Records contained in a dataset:

•••

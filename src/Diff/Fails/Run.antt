-- ===== src/Diff/Fails/Run.antt =====
-- The errors that come of the calls of `diff` in src/diff.rs to its writer: all of it.
use fast_rsync.Base.{
  ℕ, zero, suc, ◌+◌, ◌-◌, ◌*◌, ◌≡◌, refl, none, Option-cases, inl, inr, [], ◌∷◌, Bytes, length,
  slice, get_elem?, ltb, leb, Outcome, ok, err, panic, stuck, ◌>>=◌, ok_or_panic, map_err, Write,
  from_io,
}
use fast_rsync.Base.Words.{to_be_bytes}
use fast_rsync.Base.Keys.{get, bytes_eq}
use fast_rsync.Consts.{delta_magic, rs_op_end}
use fast_rsync.Crc.{Crc, update, rotate}
use fast_rsync.Crc
use fast_rsync.Diff.{
  DiffError, io, Collisions, Scan, allowed, match_digest, find_match, match_loop, diff_loop,
  diff_rounds,
}
use fast_rsync.Md4.{md4}
use fast_rsync.SecondLayerMap.{SecondLayerMap}
use fast_rsync.SecondLayerMap
use fast_rsync.Diff.Command.{write}
use fast_rsync.Diff.Output.{OutputState, emit, copy}
use fast_rsync.Diff.Fails.{
  Follows, bind-Follows, if-Follows, ok_or_panic-Follows, Is, Second, Whatever, Wrote, nothing_yet,
  Refused, write-Follows, emit-Follows, copy-Follows,
}
use fast_rsync.Diff.Returns.{map_err-ok}
use fast_rsync.Signature.Index.{IndexedSignature, crc_eq}

abbrev Scanned : {E W : Type 0} → Write E W → W → Scan W → Type 0
Scanned writer out s = Wrote writer out s.out

module _ {E : Type 0} (P : E → Type 0) where
  match_digest-Follows :
      (sig : IndexedSignature) (crc : Crc) (collisions : Collisions)
      (blocks : SecondLayerMap Bytes ℕ) (part : Bytes)
      → Follows P Whatever (match_digest sig crc collisions blocks part)
  unfolding match_digest
  match_digest-Follows sig crc collisions blocks part =
      bind-Follows P Whatever Whatever (ok_or_panic (slice (md4 part) 0 sig.crypto_hash_size)) _
        (ok_or_panic-Follows P _)
        (λ hash _. elim (Option-cases (SecondLayerMap.get hash blocks)) [
          | inl miss ↦ rw miss tt
          | inr (idx, hit) ↦ rw hit tt
        ])

  find_match-Follows :
      (sig : IndexedSignature) (input : Bytes) (here : ℕ) (crc : Crc) (collisions : Collisions)
      → Follows P Whatever (find_match sig input here crc collisions)
  unfolding find_match
  find_match-Follows sig input here crc collisions =
      if-Follows P Whatever (allowed crc collisions) _ _
        (elim (Option-cases (get crc sig.blocks)) [
          | inl absent ↦ rw absent tt
          | inr (blocks, present) ↦ rw present (
              bind-Follows P Whatever Whatever
                (ok_or_panic (slice input here (here + sig.block_size))) _ (ok_or_panic-Follows P _)
                (λ part _. match_digest-Follows sig crc collisions blocks part))
        ])
        tt

module _ {E W : Type 0} ⦃writer : Write E W⦄ (out : W) where
  match_loop-Follows :
      (fuel : ℕ) (sig : IndexedSignature) (input : Bytes) (crc : Crc) (s : Scan W)
      → Scanned writer out s
      → Is writer out (Scanned writer out) (match_loop fuel sig input crc s)
  unfolding match_loop
  match_loop-Follows zero sig input crc s g = tt
  match_loop-Follows (suc fuel) sig input crc s g =
      bind-Follows (Refused writer out) Whatever (Scanned writer out)
        (find_match sig input s.here crc s.collisions) _
        (find_match-Follows (Refused writer out) sig input s.here crc s.collisions)
        (λ r _. elim (Option-cases r.1) [
          | inr (idx, hit) ↦ rw hit (
              bind-Follows (Refused writer out) (Second writer out) (Scanned writer out)
                (copy s.state (idx * sig.block_size) sig.block_size s.here input s.out) _
                (copy-Follows out s.state.emitted s.state.queued_copy _ sig.block_size s.here input
                  s.out g)
                (λ c gc. gc))
          | inl miss ↦ rw miss (
              if-Follows (Refused writer out) (Scanned writer out)
                (ltb (length input) (s.here + 1 + sig.block_size)) _ _ g
                (bind-Follows (Refused writer out) Whatever (Scanned writer out)
                  (ok_or_panic (get_elem? input (s.here + 1 - 1))) _
                  (ok_or_panic-Follows (Refused writer out) _)
                  (λ old_byte _.
                    bind-Follows (Refused writer out) Whatever (Scanned writer out)
                      (ok_or_panic (get_elem? input (s.here + 1 + sig.block_size - 1))) _
                      (ok_or_panic-Follows (Refused writer out) _)
                      (λ new_byte _.
                        match_loop-Follows fuel sig input
                          (rotate crc sig.block_size old_byte new_byte) _ g))))
        ])

  diff_loop-Follows :
      (fuel : ℕ) (sig : IndexedSignature) (input : Bytes) (s : Scan W)
      → Scanned writer out s
      → Is writer out (Scanned writer out) (diff_loop fuel sig input s)
  unfolding diff_loop
  diff_loop-Follows zero sig input s g = tt
  diff_loop-Follows (suc fuel) sig input s g =
      if-Follows (Refused writer out) (Scanned writer out) (ltb (length input) s.here) _ _ tt (
        if-Follows (Refused writer out) (Scanned writer out)
          (leb sig.block_size (length input - s.here)) _ _
          (bind-Follows (Refused writer out) Whatever (Scanned writer out)
            (ok_or_panic (slice input s.here (s.here + sig.block_size))) _
            (ok_or_panic-Follows (Refused writer out) _)
            (λ part _.
              bind-Follows (Refused writer out) (Scanned writer out) (Scanned writer out)
                (match_loop (suc (length input - s.here)) sig input (update Crc.empty part) s) _
                (match_loop-Follows (suc (length input - s.here)) sig input (update Crc.empty part)
                  s g)
                (λ s' g'. diff_loop-Follows fuel sig input s' g')))
          g)

  map_err-err :
      {F A : Type 0} (f : E → F) (m : Outcome E A) (x : F)
      → map_err f m ≡ err x
      → (e : E) × (m ≡ err e) × (x ≡ f e)
  map_err-err f (ok a) x h = cc
  map_err-err f (err e) x h = let same : x ≡ f e = cc in (e, refl, same)
  map_err-err f panic x h = cc
  map_err-err f stuck x h = cc

  -- `diff_rounds` before its errors are converted.
  abbrev rounds : ℕ → IndexedSignature → Bytes → Outcome E W
  rounds fuel sig input = do
    out1 ← from_io (λ y. y) (writer.write_all (to_be_bytes 4 delta_magic) out)
    let state : OutputState = record { emitted = 0; queued_copy = none }
    s ← diff_loop fuel sig input (record { here = 0; collisions = []; state = state; out = out1 })
    (state', out2) ← emit s.state (length input) input s.out
    from_io (λ y. y) (writer.write_all (rs_op_end ∷ []) out2)

  rounds-Follows :
      (fuel : ℕ) (sig : IndexedSignature) (input : Bytes)
      → Wrote writer out out
      → Is writer out (Wrote writer out) (rounds fuel sig input)
  rounds-Follows fuel sig input g =
      bind-Follows (Refused writer out) (Wrote writer out) (Wrote writer out)
        (from_io (λ y. y) (writer.write_all (to_be_bytes 4 delta_magic) out)) _ (writes _ out g)
        (λ out1 g1.
          bind-Follows (Refused writer out) (Scanned writer out) (Wrote writer out)
            (diff_loop fuel sig input _) _ (diff_loop-Follows fuel sig input _ g1)
            (λ s g.
              bind-Follows (Refused writer out) (Second writer out) (Wrote writer out)
                (emit s.state (length input) input s.out) _
                (emit-Follows out s.state (length input) input s.out g)
                (λ c gc. writes (rs_op_end ∷ []) c.1 gc)))
    where
      writes :
          (bytes : Bytes) (w' : W)
          → Wrote writer out w'
          → Is writer out (Wrote writer out) (from_io (λ y. y) (writer.write_all bytes w'))
      writes bytes w' g = unfold write in write-Follows out bytes w' g

  pub diff_rounds-Refused :
      (fuel : ℕ) (sig : IndexedSignature) (input : Bytes) (x : DiffError E)
      → diff_rounds fuel sig input out ≡ err x
      → (e : E) × (x ≡ io e) × Refused writer out e
  unfolding diff_rounds
  diff_rounds-Refused fuel sig input x h =
      let (e, failed_as, is_io) = map_err-err io (rounds fuel sig input) x h in
      let run = rounds-Follows fuel sig input nothing_yet in (e, is_io, rw failed_as at run)

  pub diff_rounds-Wrote :
      (fuel : ℕ) (sig : IndexedSignature) (input : Bytes) (w : W)
      → diff_rounds {E = E} fuel sig input out ≡ ok w
      → Wrote writer out w
  unfolding diff_rounds
  diff_rounds-Wrote fuel sig input w h =
      let ran = map_err-ok io (rounds fuel sig input) w h in
      let run = rounds-Follows fuel sig input nothing_yet in rw ran at run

•••

TASK –
For the word "Base", count the lines of the records above that hold it and state only that count.

REPLY –
3